Su Hao would set aside some time every night and dedicate it entirely to "Psyduck".
Let it indulge in its madness, let it run wild as it pleases, let it pursue its morbid perfection...
At other times, if Psyduck tries to cross the line, Su Hao will ruthlessly take back control.
After many years of this back-and-forth, compromise, and adjustment...
Gradually, Psyduck ceased to be a harmful entity that caused mental exhaustion; it even became a useful tool.
Every time Su Hao tries to "outsource" massive amounts of math work to Psyduck, the duck displays unprecedented enthusiasm and efficiency...
......
In the examination hall of the Mathematical Olympiad.
Seeing that there were only ten minutes left, Su Hao made a decision in his heart.
In that deep sea of consciousness, he knocked on Psyduck's door.
There was no movement.
I guess it's because it's not allowed to participate in the entire math Olympiad, and it's throwing a tantrum.
Su Hao wasn't annoyed; he simply asked himself a question quietly in his mind:
You don't want to go back and see Su Hui's red, swollen eyes, do you?

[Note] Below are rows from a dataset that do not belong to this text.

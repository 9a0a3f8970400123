-- ===== src/Tests/Workflow.antt =====
-- Runs of the loan workflow: one held for a while and then offered a loan, and one whose consent is
-- denied.
use project_k_platform.Prelude.{
  String, ◌≡◌, ◌≢◌, refl, true, false, Option, none, some, List, [], ◌∷◌, arith, eq_iff,
}
use project_k_platform.Integrations.{Offer, text}
use project_k_platform.Rules.{Context, ZenResult, Engine}
use project_k_platform.Orchestrator.Types.{
  DecisionResult, ConsentResult, LoanOriginationInput, WorkflowInput, structured, LenderResponse,
  SubmitResult,
}
use project_k_platform.Orchestrator.Activities.{evaluate_decision}
use project_k_platform.Orchestrator.Activities.Origination.{
  run-evaluated_submits_nothing, decision_of,
}
use project_k_platform.Orchestrator.Workflow.{
  World, done, offer_received, Signal, lender_response_received, ops_hold_requested,
  ops_hold_released, Call, fetch_aa_data, start, run, unpack, await_lender, deliver, stages, ◌>>=◌,
  gates, consent_gate, execute_activity, d0_gate, aa_gate, d1_gate, d2_stage, d3_gate, submission,
  hold_gate, submit, submit_network,
}
use project_k_platform.Orchestrator.Workflow.Gates.{submitted, Passed, run-submitted}
use project_k_platform.Orchestrator.Workflow.Hold.{Released, run-Released}
use project_k_platform.Orchestrator.Workflow.Lender.{await_lender-verdict}

abbrev application : LoanOriginationInput
application = record {
  loan_application_id = "app-1";
  data_principal_id = "dp-1";
  vendor_gstin = "29AAAAA0000A1Z5";
}

abbrev input_one : WorkflowInput
input_one = structured application

abbrev offer_one : Offer
offer_one = ("lender_id", text "L1") ∷ []

abbrev response_one : LenderResponse
response_one = record { offer = some offer_one; reason = none }

abbrev decision_one : DecisionResult
decision_one = record {
  outcome = "pass";
  reason = none;
  ruleset_hash = "h";
  input_hash = "i";
  receipt_id = "r";
  matched_lender_ids = some ("L1" ∷ []);
}

abbrev signals_during : Call → List Signal
signals_during (fetch_aa_data x) = ops_hold_requested "kyc" ∷ []
signals_during c = []

abbrev no_offer : SubmitResult
no_offer = record { offer_received = some false; offer = none; submission_id = "s-1" }

abbrev world_one : World
world_one = record {
  consent = λ _. some (record { allowed = true; reason = none });
  decision = λ _. some decision_one;
  aa = λ _. some (record {
    data_received = true;
    months_available = 6;
    fips_responded = [];
    gst_returns_count = none;
    aa_consent_id = none;
  });
  submit = λ _. some no_offer;
  ocen = λ _. some (record { submitted = true; ack_count = 1; trace_ids = [] });
  during = signals_during;
  hold_wait = (ops_hold_released ∷ []) ∷ [];
  lender_wait = (lender_response_received response_one ∷ []) ∷ [];
}

abbrev denial : ConsentResult
denial = record { allowed = false; reason = some "withdrawn" }

abbrev world_denied : World
world_denied = record world_one { consent = λ _. some denial }

-- The held run submits, after the release, and ends with the offer.
run_one :
    ((run world_one input_one).0 ≡ done (offer_received (some offer_one) ("L1" ∷ [])))
    × (submitted (run world_one input_one).1 ≡ true)
unfolding run stages ◌>>=◌ gates consent_gate execute_activity d0_gate aa_gate d1_gate d2_stage
    d3_gate submission hold_gate deliver submit submit_network await_lender
run_one = (refl, refl)

run-submitted_example : (lenders : List String) × Passed world_one (unpack input_one) lenders
run-submitted_example = run-submitted world_one input_one run_one.1

run-Released_example : Released (run world_one input_one).1.log
run-Released_example = run-Released world_one input_one

named : (unpack input_one).data_principal_id ≢ ""
named e = ground (arith, eq_iff "dp-1" "")

await_lender-verdict_example :
    (await_lender world_one application ("L1" ∷ []) no_offer start).0
    ≡ done (offer_received (some offer_one) ("L1" ∷ []))
await_lender-verdict_example =
    await_lender-verdict world_one application ("L1" ∷ []) no_offer start refl

abbrev empty_engine : Engine
empty_engine = record { engines = []; hashes = []; engine_version = "stub-0.0.0" }

abbrev silent : String → Context → Option ZenResult
silent content context = none

abbrev printed : Context → String
printed context = ""

abbrev evaluated_world : World
evaluated_world = record world_one {
  decision = λ e. decision_of (evaluate_decision silent (λ t. t) printed empty_engine true e);
}

run-evaluated_submits_nothing_example : submitted (run evaluated_world input_one).1 ≡ false
run-evaluated_submits_nothing_example =
    run-evaluated_submits_nothing silent (λ t. t) printed empty_engine true evaluated_world
      input_one (λ e. refl)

In that instant, Su Hao clearly felt something deep in his mind stir in an extremely subtle way.
The soul lurking deep within his consciousness ultimately bowed before this pure bond.
Like Su Hao, it couldn't bear to see that girl suffer.
With time running out, Su Hao held nothing back and completely opened up the highest level of mind control to Psyduck.
"boom--"
It was as if a sealed barrier had been blasted open, and Su Hao's terrifying computing power, which had been suppressed by his mortal body, was released explosively like a dam bursting!